# GT: Dallas Mavericks @ Los Angeles Clippers



## croco (Feb 14, 2005)

*Dallas Mavericks [45-28] @ Los Angeles Clippers [22-51]*
 | Monday, March 31 2008 | LA, California | Staples Center | 10:30 pm ET | 
| *TV*: FSNSW | *Radio*: KESN-FM 103.3


*Game Notes*

For the struggling Dallas Mavericks, the Los Angeles Clippers are a sight for sore eyes.

After their 11th straight defeat against a winning team and their fifth loss in six games overall, the Mavericks hope to take advantage of a favorable matchup as they visit the Clippers on Monday.

Dallas (45-28) hasn’t fared well during a stretch of games against some of the league’s top teams. The Mavericks have dropped five of six, with the losses coming at the hands of the Los Angeles Lakers, Boston, San Antonio, Denver and Golden State. The lone win was a 103-90 home victory over the Clippers (22-51) on Tuesday.

Since that game, Dallas has dropped the first two games of a three-game trip, including a 114-104 loss at Golden State on Sunday. The Mavericks have lost their last 11 games against teams with winning records, 10 of those since they acquired point guard Jason Kidd from New Jersey in a blockbuster deal during the All-Star break.

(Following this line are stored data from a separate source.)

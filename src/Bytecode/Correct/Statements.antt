-- ===== src/Bytecode/Correct/Statements.antt =====
-- The code of a statement or a block does on the machine what the statement does to the variables.
use mathlib.Core.Path.{subst}
use native.Mathlib.Decide.{ℕ_discrete}
use systems_programming_proj.Prelude.{
  ℕ, zero, suc, ◌+◌, ◌≤◌, ◌<◌, ◌≡◌, ◌≢◌, refl, ◌∙◌, sym, ap, inl, inr, Bool-cases, some, List, [],
  ◌∷◌, ◌++◌, true, false, arith, length, length-set, get_or-set_self, get_or-set_ne, set, bytes_eq,
  bytes_eq_refl, bytes_eq→eq, if◌then◌else◌,
}
use systems_programming_proj.Prelude.Int.{ℤ, pos, eq_ℤ}
use systems_programming_proj.Bytecode.OpCode.{OpCode, code_of}
use systems_programming_proj.Bytecode.Vm.{Error, Result, ok, err}
use systems_programming_proj.Bytecode.Machine.{Machine}
use systems_programming_proj.Bytecode.Ast.{
  Name, Expr, Stmt, assign, print, while_loop, if_then, Block, done, next,
}
use systems_programming_proj.Bytecode.Semantics.{
  Env, bind_name, eval, Store, Final, finished, stopped, out_of_fuel, and_then, with_value,
  exec_stmt, exec_block,
}
use systems_programming_proj.Bytecode.Codegen.{byte, find}
use systems_programming_proj.Bytecode.Codegen.Table.{get-find, find_injective}
use systems_programming_proj.Bytecode.Codegen.Layout.{
  size_expr, size_stmt, size_block, code_expr, code_stmt, code_block, length-code_expr,
  length-code_stmt, length-code_block,
}
use systems_programming_proj.Bytecode.Codegen.Backpatch.{slot, slot-find}
use systems_programming_proj.Bytecode.Correct.Reach.{
  At, At-append, mach, at, dead, Goes, here, more, Goes-trans,
}
use systems_programming_proj.Bytecode.Correct.Instructions.{
  byte-code_of, step-store, step-print, step-jmp, step-jmp_if_false_taken, step-jmp_if_false_passed,
}
use systems_programming_proj.Bytecode.Correct.Expressions.{
  after, Agrees, Compiles, landed, eval-Goes,
}

-- From machine `m` the code reaches address `q` with the variables and the output of the final
-- state, or stops with its error and its output.
pub data Lands (code : List ℕ) (names : List Name) (q : ℕ) (m : Machine) : Final → Type 0 where
  lands :
      {st : Store} (g : List ℤ)
      → Goes code m (at (mach q [] g st.out))
      → Agrees names g st.env
      → Lands code names q m (finished st)
  dies :
      {e : Error} {out : List ℤ} → Goes code m (dead e out) → Lands code names q m (stopped e out)
  lost : Lands code names q m out_of_fuel

module _ {code : List ℕ} {names : List Name} where
  prefix :
      {q : ℕ} {m m' : Machine} {o : Final}
      → Goes code m (at m')
      → Lands code names q m' o
      → Lands code names q m o
  prefix a (lands g b ag) = lands g (Goes-trans a b) ag
  prefix a (dies b) = dies (Goes-trans a b)
  prefix a lost = lost

  with_value-Lands :
      {q : ℕ} {m : Machine} (r : Result ℤ) (k : ℤ → Machine) (out : List ℤ) (f : ℤ → Final)
      → Goes code m (after r k out)
      → ((v : ℤ) → Lands code names q (k v) (f v))
      → Lands code names q m (with_value r out f)
  with_value-Lands (ok v) k out f a rest = prefix a (rest v)
  with_value-Lands (err e) k out f a rest = dies a

  and_then-Lands :
      {q q' : ℕ} {m : Machine} {o : Final} (k : Store → Final)
      → Lands code names q m o
      → ((st : Store) (g : List ℤ)
          → Agrees names g st.env
          → Lands code names q' (mach q [] g st.out) (k st))
      → Lands code names q' m (and_then o k)
  and_then-Lands k (lands {st} g a ag) rest = prefix a (rest st g ag)
  and_then-Lands k (dies a) rest = dies a
  and_then-Lands k lost rest = lost

-- Two slots belong to two names.
find_apart :
    (x y : Name) (names : List Name) (i j : ℕ)
    → find x names ≡ some i
    → find y names ≡ some j
    → i ≢ j
    → bytes_eq x y ≡ false
find_apart x y names i j p q ne = elim (Bool-cases (bytes_eq x y)) [
  | inl e ↦ let same = bytes_eq→eq x y e in absurd (ne (cc (p, q, ap (λ z. find z names) same)))
  | inr e ↦ e
]

-- A store into the slot of a variable is an assignment to it.
Agrees-set :
    {names : List Name} {g : List ℤ} {env : Env} (x : Name) (i : ℕ) (v : ℤ)
    → length names ≡ 256
    → Agrees names g env
    → find x names ≡ some i
    → Agrees names (set g i v) (bind_name x v env)
Agrees-set {names} {g} {env} x i v wide ag found = record {
  room = length-set g i v ∙ ag.room;
  values = λ y j h. elim (ℕ_discrete i j) [
    | yes e ↦
        let same : bytes_eq x y ≡ true =
          rw (find_injective y x names i (h ∙ ap some (sym e)) found) (bytes_eq_refl x) in
        rw (← e, same)
          (get_or-set_self g i v (pos 0) (omega (arith, ag.room, (get-find x names i found).1)))
    | no ne ↦
        let apart : bytes_eq x y ≡ false = find_apart x y names i j found h ne in
        rw apart (get_or-set_ne g i j v (pos 0) ne ∙ ag.values y j h)
  ];
}

abbrev pub Resolves : List Name → Name → Type 0
Resolves names x = (i : ℕ) × (find x names ≡ some i)

-- The table resolves every variable, and all literals fit a byte.
unfoldable mutual
  pub CompilesStmt : List Name → Stmt → Type 0
  CompilesStmt names (assign x e) = Resolves names x × Compiles names e
  CompilesStmt names (print e) = Compiles names e
  CompilesStmt names (if_then c b) = Compiles names c × CompilesBlock names b
  CompilesStmt names (while_loop c b) = Compiles names c × CompilesBlock names b

  pub CompilesBlock : List Name → Block → Type 0
  CompilesBlock names done = Unit
  CompilesBlock names (next s b) = CompilesStmt names s × CompilesBlock names b

Lands-at :
    {code : List ℕ} {names : List Name} {q q' : ℕ} {m : Machine} {o : Final}
    → q ≡ q'
    → Lands code names q m o
    → Lands code names q' m o
Lands-at {code} {names} {m} {o} e h = subst (λ q. Lands code names q m o) e h

module _ (code : List ℕ) (names : List Name) (wide : length names ≡ 256) where
  -- A condition, its jump over what follows, and the two ways to go on.
  branch-Lands :
      (c : Expr) (p q dest : ℕ) (tail : List ℕ) (g : List ℤ) (st : Store) {o_zero o_other : Final}
      → Agrees names g st.env
      → Compiles names c
      → At code p
          (code_expr (slot names) c ++ byte (code_of OpCode.jmp_if_false) ∷ byte dest ∷ tail)
      → size_expr c ≤ 256
      → dest < 256
      → Lands code names q (mach dest [] g st.out) o_zero
      → (At code (p + size_expr c + 2) tail
          → Lands code names q (mach (p + size_expr c + 2) [] g st.out) o_other)
      → Lands code names q
          (mach p [] g st.out)
          (with_value (eval st.env c) st.out λ v. if eq_ℤ v (pos 0) then o_zero else o_other)
  branch-Lands c p q dest tail g st ag ce h room low on_zero other =
      let target : byte dest ≡ dest = omega arith in
      let (he, rest) =
        At-append code p (code_expr (slot names) c)
          (byte (code_of OpCode.jmp_if_false) ∷ byte dest ∷ tail) h in
      let (h₀, (h₁, h₂)) = rw (length-code_expr, byte-code_of, target) at rest in
      let behind : At code (p + size_expr c + 2) tail =
        subst (λ a. At code a tail) (omega arith) h₂ in
      with_value-Lands (eval st.env c) (λ v. mach (p + size_expr c) (v ∷ []) g st.out) st.out _
        (eval-Goes code names g st.env st.out c p [] wide ag ce he (omega arith))
        λ v. elim (Bool-cases (eq_ℤ v (pos 0))) [
          | inl e ↦
              let s =
                step-jmp_if_false_taken code (p + size_expr c) [] g st.out dest v (h₀, (h₁, tt))
                  e in
              rw e (prefix (more refl s here) on_zero)
          | inr e ↦
              let s =
                step-jmp_if_false_passed code (p + size_expr c) [] g st.out dest v (h₀, (h₁, tt))
                  e in
              rw e (prefix (more refl s (landed (omega arith))) (other behind))
        ]

  mutual
    unfolding exec_stmt code_stmt size_stmt CompilesStmt

    exec_stmt-Lands_from :
        (f : ℕ) (s : Stmt) (p : ℕ) (g : List ℤ) (st : Store)
        → Agrees names g st.env
        → CompilesStmt names s
        → At code p (code_stmt (slot names) p s)
        → p + size_stmt s < 256
        → Lands code names (p + size_stmt s) (mach p [] g st.out) (exec_stmt f s st)
    exec_stmt-Lands_from zero s p g st ag c h short = lost
    exec_stmt-Lands_from (suc f) (assign x e) p g st ag ((i, found), ce) h short =
        let target : byte (slot names x) ≡ i =
          rw (slot-find names x i found) (omega (arith, (get-find x names i found).1)) in
        let (he, rest) =
          At-append code p (code_expr (slot names) e)
            (byte (code_of OpCode.store) ∷ byte (slot names x) ∷ []) h in
        let hs = rw (length-code_expr, byte-code_of, target) at rest in
        with_value-Lands (eval st.env e) (λ v. mach (p + size_expr e) (v ∷ []) g st.out) st.out _
          (eval-Goes code names g st.env st.out e p [] wide ag ce he (omega arith))
          λ v.
            lands (set g i v)
              (more refl (step-store code (p + size_expr e) [] g st.out i v hs)
                (landed (omega arith)))
              (Agrees-set x i v wide ag found)
    exec_stmt-Lands_from (suc f) (print e) p g st ag ce h short =
        let (he, rest) =
          At-append code p (code_expr (slot names) e) (byte (code_of OpCode.print) ∷ []) h in
        let hs = rw (length-code_expr, byte-code_of) at rest in
        with_value-Lands (eval st.env e) (λ v. mach (p + size_expr e) (v ∷ []) g st.out) st.out _
          (eval-Goes code names g st.env st.out e p [] wide ag ce he (omega arith))
          λ v.
            lands g
              (more refl (step-print code (p + size_expr e) [] g st.out v hs)
                (landed (omega arith)))
              ag
    exec_stmt-Lands_from (suc f) (if_then c b) p g st ag (ce, cb) h short =
        branch-Lands c p (p + (size_expr c + 2 + size_block b)) _ _ g st ag ce h (omega arith)
          (omega arith) (lands g (landed (omega arith)) ag)
          λ body.
            Lands-at (omega arith)
              (exec_block-Lands_from f b (p + size_expr c + 2) g st ag cb body (omega arith))
    exec_stmt-Lands_from (suc f) (while_loop c b) p g st ag (ce, cb) h short =
        let first = p + size_expr c + 2 in
        branch-Lands c p (p + (size_expr c + 4 + size_block b)) _ _ g st ag ce h (omega arith)
          (omega arith) (lands g (landed (omega arith)) ag)
          λ rest.
            let (body, jump) =
              At-append code first (code_block (slot names) first b)
                (byte (code_of OpCode.jmp) ∷ byte p ∷ []) rest in
            let target : byte p ≡ p = omega arith in
            let hj = rw (length-code_block, byte-code_of, target) at jump in
            and_then-Lands _ (exec_block-Lands_from f b first g st ag cb body (omega arith))
              λ st' g' ag'.
                prefix (more refl (step-jmp code (first + size_block b) [] g' st'.out p hj) here)
                  (exec_stmt-Lands_from f (while_loop c b) p g' st' ag' (ce, cb) h short)

    exec_block-Lands_from :
        (f : ℕ) (b : Block) (p : ℕ) (g : List ℤ) (st : Store)
        → Agrees names g st.env
        → CompilesBlock names b
        → At code p (code_block (slot names) p b)
        → p + size_block b < 256
        → Lands code names (p + size_block b) (mach p [] g st.out) (exec_block f b st)
    exec_block-Lands_from zero b p g st ag c h short = lost
    exec_block-Lands_from (suc f) done p g st ag c h short = lands g (landed (omega arith)) ag
    exec_block-Lands_from (suc f) (next s b) p g st ag (cs, cb) h short =
        let (hs, rest) =
          At-append code p (code_stmt (slot names) p s)
            (code_block (slot names) (p + size_stmt s) b) h in
        let hb = rw length-code_stmt at rest in
        Lands-at (omega arith) (
          and_then-Lands _ (exec_stmt-Lands_from f s p g st ag cs hs (omega arith)) λ st' g' ag'.
            exec_block-Lands_from f b (p + size_stmt s) g' st' ag' cb hb (omega arith))

  -- From a stack that is empty, with the variables in their slots, the code of a block at address `p`
  -- reaches the address behind it with the block's effect on variables and output, or stops with
  -- its error.
  pub exec_block-Lands :
      (f : ℕ) (b : Block) (p : ℕ) (g : List ℤ) (st : Store)
      → Agrees names g st.env
      → CompilesBlock names b
      → At code p (code_block (slot names) p b)
      → p + size_block b < 256
      → Lands code names (p + size_block b) (mach p [] g st.out) (exec_block f b st)
  exec_block-Lands f b p g st = exec_block-Lands_from f b p g st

Sunday’s defeat dropped Dallas into a three-way tie for seventh place in the West with Golden State and Denver. Nine games remain for each team, but the upcoming schedule for Dallas appears imposing. After this game, the Mavericks host Golden State before a two-game road trip to play Pacific Division powers the Lakers and Phoenix.

“I’m not excited for us,” Mavericks coach Avery Johnson said. “We’d like to be third or fourth. We don’t want to be part of this three team, seventh seed or eighth seed or whatever.”

The upcoming stretch will be particularly challenging for the Mavs with Dirk Nowitzki expected to remain sidelined due to knee and ankle injuries he suffered in a loss to San Antonio last Sunday. Dallas has dropped two of three since then, and is 1-3 overall when playing without their leading scorer and rebounder.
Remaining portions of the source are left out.